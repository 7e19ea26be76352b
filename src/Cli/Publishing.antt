-- ===== src/Cli/Publishing.antt =====
-- From a line that a user types to the request that tools/cli/src/commands/publish_cmd.cpp sends.
use nexus_d_pub_sub.Prelude.{
  ◌≡◌, ◌≢◌, refl, ap, ◌∙◌, true, false, List, [], ◌∷◌, ◌++◌, map, some, Text, codes, if◌then◌else◌,
  arith, All, text_eq, ℕ_discrete,
}
use mathlib.Core.List.{append_assoc, append-nil, map-append}
use nexus_d_pub_sub.Prelude.Int.{ℤ}
use nexus_d_pub_sub.Prelude.Map.{find, assign}
use nexus_d_pub_sub.Prelude.Numbers.{Result, ok}
use nexus_d_pub_sub.Cli.StringUtils.{to_upper, join, join_rest, is_empty, upper}
use nexus_d_pub_sub.Cli.StringUtils.Arguments.{Argument, word, spelt, IsArgument}
use nexus_d_pub_sub.Cli.CommandParser.{
  CommandParser, ParsedCommand, Dispatch, handled, parse, with_arguments, resolve_alias,
  get_subcommands, is_flag, has_flag_in, has_flag, get_option_in, get_option, register_command,
  dispatch,
}
use nexus_d_pub_sub.Cli.CommandParser
use nexus_d_pub_sub.Cli.CommandParser.Parsing.{parse-join}
use nexus_d_pub_sub.Cli.GrpcClient.{Grpc, GrpcClient, PublishRequest, is_connected}
use nexus_d_pub_sub.Cli.GrpcClient
use nexus_d_pub_sub.Cli.Commands.{Cli, Handler, parser, fail, succeed}
use nexus_d_pub_sub.Cli.Session.{
  starts_with_dash, build_message, publish_request, publish_args, publish_cmd, report_published,
  handle, run_dispatch, execute,
}

-- Nothing follows, or a word that begins with a dash.
abbrev pub IsStop : List Text → Type 0
IsStop [] = Unit
IsStop (t ∷ ts) = starts_with_dash t ≡ true

build_message_stop :
    (message : Text) (tail : List Text) → IsStop tail → build_message message tail ≡ message
unfolding build_message
build_message_stop message [] h = refl
build_message_stop message (t ∷ ts) h = ground arith

build_message_step :
    (message w : Text) (rest : List Text)
    → message ≢ []
    → starts_with_dash w ≡ false
    → build_message message (w ∷ rest) ≡ build_message (message ++ (32 ∷ w)) rest
unfolding build_message is_empty
build_message_step [] w rest h k = absurd (h refl)
build_message_step (c ∷ message) w rest h k = ground arith

append-ne-nil : (message w : Text) → message ++ (32 ∷ w) ≢ []
append-ne-nil [] w e = cc
append-ne-nil (c ∷ message) w e = cc

build_message_more :
    (message : Text) (words tail : List Text)
    → message ≢ []
    → All (λ w. (w ≢ []) × (starts_with_dash w ≡ false)) words
    → build_message message (words ++ tail)
      ≡ build_message (message ++ join_rest (32 ∷ []) words) tail
unfolding join_rest
build_message_more message [] tail h hs = rw append-nil refl
build_message_more message (w ∷ words) tail h hs =
    build_message_step message w (words ++ tail) h hs.0.1
    ∙ build_message_more (message ++ (32 ∷ w)) words tail (append-ne-nil message w) hs.1
    ∙ ap (λ t. build_message t tail) (append_assoc message (32 ∷ w) (join_rest (32 ∷ []) words))

first_word :
    (w : Text) (rest : List Text)
    → starts_with_dash w ≡ false
    → build_message [] (w ∷ rest) ≡ build_message w rest
unfolding build_message is_empty
first_word w rest k = ground arith

-- The first word that begins with a dash ends the message, whatever it and the words behind it are: the
-- message is the words before it with one space between them.
pub build_message_lem :
    (words tail : List Text)
    → All (λ w. (w ≢ []) × (starts_with_dash w ≡ false)) words
    → IsStop tail
    → build_message [] (words ++ tail) ≡ join (32 ∷ []) words
unfolding join
build_message_lem [] tail hs ht = build_message_stop [] tail ht
build_message_lem (w ∷ words) tail hs ht =
    first_word w (words ++ tail) hs.0.1
    ∙ build_message_more w words tail hs.0.0 hs.1
    ∙ build_message_stop (w ++ join_rest (32 ∷ []) words) tail ht

-- The command PUBLISH in any spelling of upper and lower case.
publish_parsed :
    (topic : Text) (words : List Text)
    → with_arguments (resolve_alias (codes "PUBLISH") parser) (topic ∷ words) parser
      ≡ record { command = codes "PUBLISH"; subcommand = []; args = topic ∷ words }
unfolding with_arguments resolve_alias get_subcommands register_command find assign text_eq
    ℕ_discrete upper
publish_parsed topic words = refl

publish_found :
    (args : List Text)
    → let cmd : ParsedCommand = record {
      command = codes "PUBLISH";
      subcommand = [];
      args = args;
    } in
      dispatch cmd parser ≡ handled Handler.publish cmd
unfolding dispatch register_command find assign text_eq ℕ_discrete upper is_empty
publish_found args = refl

-- What `execute` finds for a line that was written from PUBLISH and its arguments.
dispatch_publish :
    (c topic : Argument) (args : List Argument)
    → IsArgument c
    → to_upper (word c) ≡ codes "PUBLISH"
    → All IsArgument (topic ∷ args)
    → CommandParser.execute (join (32 ∷ []) (map spelt (c ∷ topic ∷ args))) parser
      ≡ handled Handler.publish
          (record { command = codes "PUBLISH"; subcommand = []; args = word topic ∷ map word args })
unfolding CommandParser.execute
dispatch_publish c topic args hc e hs =
    ap (λ cmd. dispatch cmd parser)
      (parse-join parser c (topic ∷ args) hc hs
        ∙ ap (λ u. with_arguments (resolve_alias u parser) (word topic ∷ map word args) parser) e
        ∙ publish_parsed (word topic) (map word args))
    ∙ publish_found (word topic ∷ map word args)

report_published-client :
    (g : Grpc) (topic id : Text) (cli : Cli)
    → (report_published g topic id cli).1.client ≡ cli.client
unfolding report_published fail succeed
report_published-client g topic id cli = ground arith

publish-sent :
    (g : Grpc) (request : PublishRequest) (c : GrpcClient) (address : Text)
    → c.connection ≡ some address
    → (is_connected c ≡ true)
      × ((GrpcClient.publish g request c).1.sent ≡ c.sent ++ (address, request) ∷ [])
unfolding is_connected GrpcClient.publish
publish-sent g request c address h = (ground arith, ground arith)

-- The handler sends one request on a connection.
publish_cmd-sent :
    (g : Grpc) (cli : Cli) (address topic word : Text) (words : List Text)
    → cli.client.connection ≡ some address
    → let cmd : ParsedCommand = record {
      command = codes "PUBLISH";
      subcommand = [];
      args = topic ∷ word ∷ words;
    } in
      (publish_cmd g cmd cli).1.client.sent
      ≡ cli.client.sent ++ (address, publish_request topic (word ∷ words) cmd) ∷ []
unfolding publish_cmd publish_args
publish_cmd-sent g cli address topic word words h =
    let cmd : ParsedCommand = record {
      command = codes "PUBLISH";
      subcommand = [];
      args = topic ∷ word ∷ words;
    } in
    let request = publish_request topic (word ∷ words) cmd in
    let r = GrpcClient.publish g request cli.client in
    let refused : ℤ × Cli = fail (codes "Not connected. Use DISCOVER and CONNECT first.") cli in
    ap (λ b. (if b then publish_args g cmd.args cmd cli else refused).1.client.sent)
      (publish-sent g request cli.client address h).0
    ∙ ap (λ (c : GrpcClient). c.sent)
        (report_published-client g topic r.0 (record cli { client = r.1 }))
    ∙ (publish-sent g request cli.client address h).1

-- A line consists of the command PUBLISH, in upper or lower case, a topic, one or more words that
-- are not empty and do not begin with a dash, and after them nothing, or a word that begins with a
-- dash and any others. None of these is empty, and each is written bare, where it has no space and
-- no quote, or in quotes of a kind that it does not have, with one space between them. Executed on
-- a connected tool the line sends one request over that connection: to the topic, with the words
-- before the first that begins with a dash, joined by single spaces, as its payload.
pub execute-sent :
    (g : Grpc) (others : Handler → ParsedCommand → Cli → Result (ℤ × Cli)) (cli : Cli)
    (address : Text) (c topic first : Argument) (words tail : List Argument)
    → cli.client.connection ≡ some address
    → IsArgument c
    → to_upper (word c) ≡ codes "PUBLISH"
    → All IsArgument (topic ∷ first ∷ words ++ tail)
    → All (λ w. (w ≢ []) × (starts_with_dash w ≡ false)) (map word (first ∷ words))
    → IsStop (map word tail)
    → (code : ℤ) × (after : Cli) × (request : PublishRequest) × (execute g others
          (join (32 ∷ []) (map spelt (c ∷ topic ∷ first ∷ words ++ tail)))
          cli
        ≡ ok (code, after))
      × (after.client.sent ≡ cli.client.sent ++ (address, request) ∷ [])
      × (request.topic ≡ word topic)
      × (request.payload ≡ join (32 ∷ []) (map word (first ∷ words)))
unfolding execute run_dispatch handle publish_request
execute-sent g others cli address c topic first words tail connected hc e hs plain stop =
    let rest = map word (first ∷ words ++ tail) in
    let cmd : ParsedCommand = record {
      command = codes "PUBLISH";
      subcommand = [];
      args = word topic ∷ rest;
    } in
    (
      (publish_cmd g cmd cli).0,
      (publish_cmd g cmd cli).1,
      publish_request (word topic) rest cmd,
      ap (λ d. run_dispatch g others d cli)
          (dispatch_publish c topic (first ∷ words ++ tail) hc e hs),
      publish_cmd-sent g cli address (word topic) (word first) (map word (words ++ tail)) connected,
      refl,
      ap (build_message []) (map-append word (first ∷ words) tail)
          ∙ build_message_lem (map word (first ∷ words)) (map word tail) plain stop,
    )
________________
→ **WHAT THE TASK ASKS**
Each line holding "others" in the records should be copied out.

→ **RESPONSE**
-- dash and any others. None of these is empty, and each is written bare, where it has no space and
    (g : Grpc) (others : Handler → ParsedCommand → Cli → Result (ℤ × Cli)) (cli : Cli)
    → (code : ℤ) × (after : Cli) × (request : PublishRequest) × (execute g others
execute-sent g others cli address c topic first words tail connected hc e hs plain stop =
      ap (λ d. run_dispatch g others d cli)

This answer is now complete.